That doesn't indicate that he loves me more than I love him.
_Posted via Mobile Device_


----------



## Runs like Dog (Feb 25, 2011)

Why Isn't There a Walk Away Husband Syndrome?


Because we call that criminal abandonment and take away all their stuff.


----------



## WomanScorned (May 8, 2011)

Ok, I was wrong about what it's called, and in his case I think it is a mid-life crisis (he'll be 40 in December). He won't go to a marriage counselor. He went one time, then decided it wasn't worth doing. We're drawing up divorce papers now.  And it was all HIS idea. Not mine.


----------



## Jellybeans (Mar 8, 2011)

Get a lawyer and protect yourself.


----------



## Halien (Feb 20, 2011)

WomanScorned said:


> Ok, I was wrong about what it's called, and in his case I think it is a mid-life crisis (he'll be 40 in December).
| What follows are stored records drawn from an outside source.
-- ===== src/Main/Tests.antt =====
-- A disk on which a rename fails where the destination is there; a packaged application.
use vanilla_bus.Prelude.{
  ◌≡◌, ◌≢◌, refl, ap, Bool, true, false, List, [], ◌∷◌, ◌++◌, Option, none, some, Text, codes,
  arith, if◌then◌else◌, ◌<◌, length,
}
use vanilla_bus.Prelude.Strings.{same, same_iff, same_refl, trim}
use vanilla_bus.Trace.Format.{to_string}
use vanilla_bus.Persist.Samples.{saved, saved-IsSnapshot, saved-IsTidy}
use vanilla_bus.Main.Samples.{tagged, saved-ReadsBack}
use vanilla_bus.Persist.Restore.{sanitize_persist-of_snapshot}
use vanilla_bus.Main.Host.{Paths, IsPaths, FileSystem, IsFileSystem}
use vanilla_bus.Main.UserStore.{load, save, replace}
use vanilla_bus.Prelude.Assoc.{lookup, insert}
use vanilla_bus.Main.Browse.{resolve_dbc_browse_default_path, browse_from}
use vanilla_bus.Main.Launch.{EnginePathOptions, variable, plan_engine_launch}
use vanilla_bus.Main.Plan.{LeadsWith, HasUserRoot, plan_engine_launch-env}
use vanilla_bus.Main.SaveLoad.{save-load}

abbrev Files : Type 0
Files = Text → Option Text

abbrev put : Text → Option Text → Files → Files
put path body disk other = if same path other then body else disk other

abbrev move : Files → Text → Text → Files × Bool
move disk from to = elim (disk to) [
  | none ↦ (put to (disk from) (put from none disk), true)
  | some body ↦ (disk, false)
]

abbrev disks : FileSystem
disks = record {
  Disk = Files;
  read = λ disk path. disk path;
  make_directory = λ disk d. (disk, true);
  write = λ disk path body. (put path (some body) disk, true);
  rename = move;
  unlink = λ disk path. (put path none disk, true);
}

put_same : (path : Text) (body : Option Text) (disk : Files) → put path body disk path ≡ body
put_same path body disk = rw (same_refl path)

put_other :
    (path other : Text) (body : Option Text) (disk : Files)
    → path ≢ other
    → put path body disk other ≡ disk other
put_other path other body disk h = ground (arith, same_iff path other, h)

move-renamed :
    (disk : Files) (from to : Text)
    → (move disk from to).1 ≡ true
    → (move disk from to).0 to ≡ disk from
move-renamed disk from to h = ground (arith, same_refl to)

disks-IsFileSystem : IsFileSystem disks
disks-IsFileSystem = record {
  directories_apart = λ disk d path. refl;
  written = λ disk path body h. put_same path (some body) disk;
  writes_one = λ disk path body other h. put_other path other (some body) disk h;
  renamed = move-renamed;
  not_renamed = λ disk from to path h. ground arith;
  unlinks_one = λ disk path other h. put_other path other none disk h;
}

abbrev here : Text → Text
here path = []

abbrev full : Files
full path = some []

-- The file is there already, so that it is removed before the second rename.
saves : (save disks tagged here 7 (codes "ui.json") saved full).1 ≡ some saved
unfolding save replace same to_string
saves = ap some (sanitize_persist-of_snapshot saved saved-IsSnapshot saved-IsTidy)

save-load_example :
    (saved ≡ saved)
    × (load disks tagged here 7
          (codes "ui.json")
          (save disks tagged here 7 (codes "ui.json") saved full).0
        ≡ saved)
save-load_example =
    save-load disks tagged here 7 disks-IsFileSystem (codes "ui.json") full saved saved
      saved-IsSnapshot saved-IsTidy saved-ReadsBack saves

abbrev concat : List Text → Text
concat [] = codes "."
concat (s ∷ ss) = s ++ codes "/" ++ concat ss

abbrev bare : Paths
bare = record {
  exists = λ path. false;
  join = concat;
  dirname = λ path. path;
  is_absolute = λ path. true;
  resolve = λ path. codes "/" ++ path;
}

bare-IsPaths : IsPaths bare
bare-IsPaths = record { joined = long; resolved = λ path. omega arith }
  where
    long : (parts : List Text) → 0 < length (concat parts)
    long [] = omega arith
    long ([] ∷ ss) = omega arith
    long ((c ∷ s) ∷ ss) = omega arith

abbrev packaged_app : EnginePathOptions
packaged_app = record {
  env = (codes "HOME", codes "/home/u") ∷ (codes "PYTHONPATH", codes "/p") ∷ [];
  cwd = codes "/";
  resources_path = codes "/opt/r";
  default_app = false;
  homedir = codes "/home/u";
}

home_apart :
    (same (codes "VANILLABUS_ROOT") (codes "HOME") ≡ false)
    × (same (codes "VANILLABUS_ENGINE_ROOT") (codes "HOME") ≡ false)
    × (same (codes "PYTHONPATH") (codes "HOME") ≡ false)
unfolding same
home_apart = (refl, refl, refl)

plan_engine_launch-env_example :
    (let plan = plan_engine_launch bare packaged_app in
      let python = codes "PYTHONPATH" in
      (lookup (codes "VANILLABUS_ENGINE_ROOT") plan.env ≡ some plan.engine_root)
      × LeadsWith plan.engine_root (variable python packaged_app.env) (lookup python plan.env)
      × HasUserRoot packaged_app plan.env
      × (lookup (codes "HOME") plan.env ≡ lookup (codes "HOME") packaged_app.env))
plan_engine_launch-env_example =
    plan_engine_launch-env bare bare-IsPaths packaged_app (codes "HOME") home_apart.0 home_apart.1
      home_apart.2

-- the root before the path that was there
root_first :
    lookup (codes "PYTHONPATH") (plan_engine_launch bare packaged_app).env
    ≡ some (codes "//engine/.:/p")
unfolding plan_engine_launch lookup insert same trim
root_first = refl

-- a field with a path that is not there opens the dialog at home
no_file :
    resolve_dbc_browse_default_path bare (some (codes " x.dbc")) (codes "/") (codes "/home/u")
    ≡ codes "/home/u"
unfolding browse_from trim same
no_file = refl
He won't go to a marriage counselor. He went one time, then decided it wasn't worth doing. We're drawing up divorce papers now. And it was all HIS idea. Not mine.
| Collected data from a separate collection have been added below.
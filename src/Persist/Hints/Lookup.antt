-- ===== src/Persist/Hints/Lookup.antt =====
-- shared/persist.ts: what `find` gives after `upsertBusHint`.
use vanilla_bus.Prelude.{[], Text}
use vanilla_bus.Prelude.Strings.{trim}
use vanilla_bus.Persist.{persist_max_iface}
use vanilla_bus.Persist.Sanitize.{clamp_trimmed}

-- the name as `upsertBusHint` stores it
abbrev pub clean_name : Text → Text
clean_name name = clamp_trimmed (trim name) persist_max_iface []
This is so sad. When the midlife crisis passes, he'll wake up to the sound of an empty apartment and wonder why he couldn't at least try.


----------



## WomanScorned (May 8, 2011)

Yes, I suppose I should get a lawyer. I really don't want to pay for it, and I live in a state where you can draw up your own divorce papers and terms, including custody, and have them notarized to become legal. I make more than he does and have more assets that were mine only legally (my mother left me a little money, but only in my name. I guess she knew it might not last). He truly loves his kids, so I think he'll be good to them. I don't want anything from him (that I can have now, anyway) and nothing material.


----------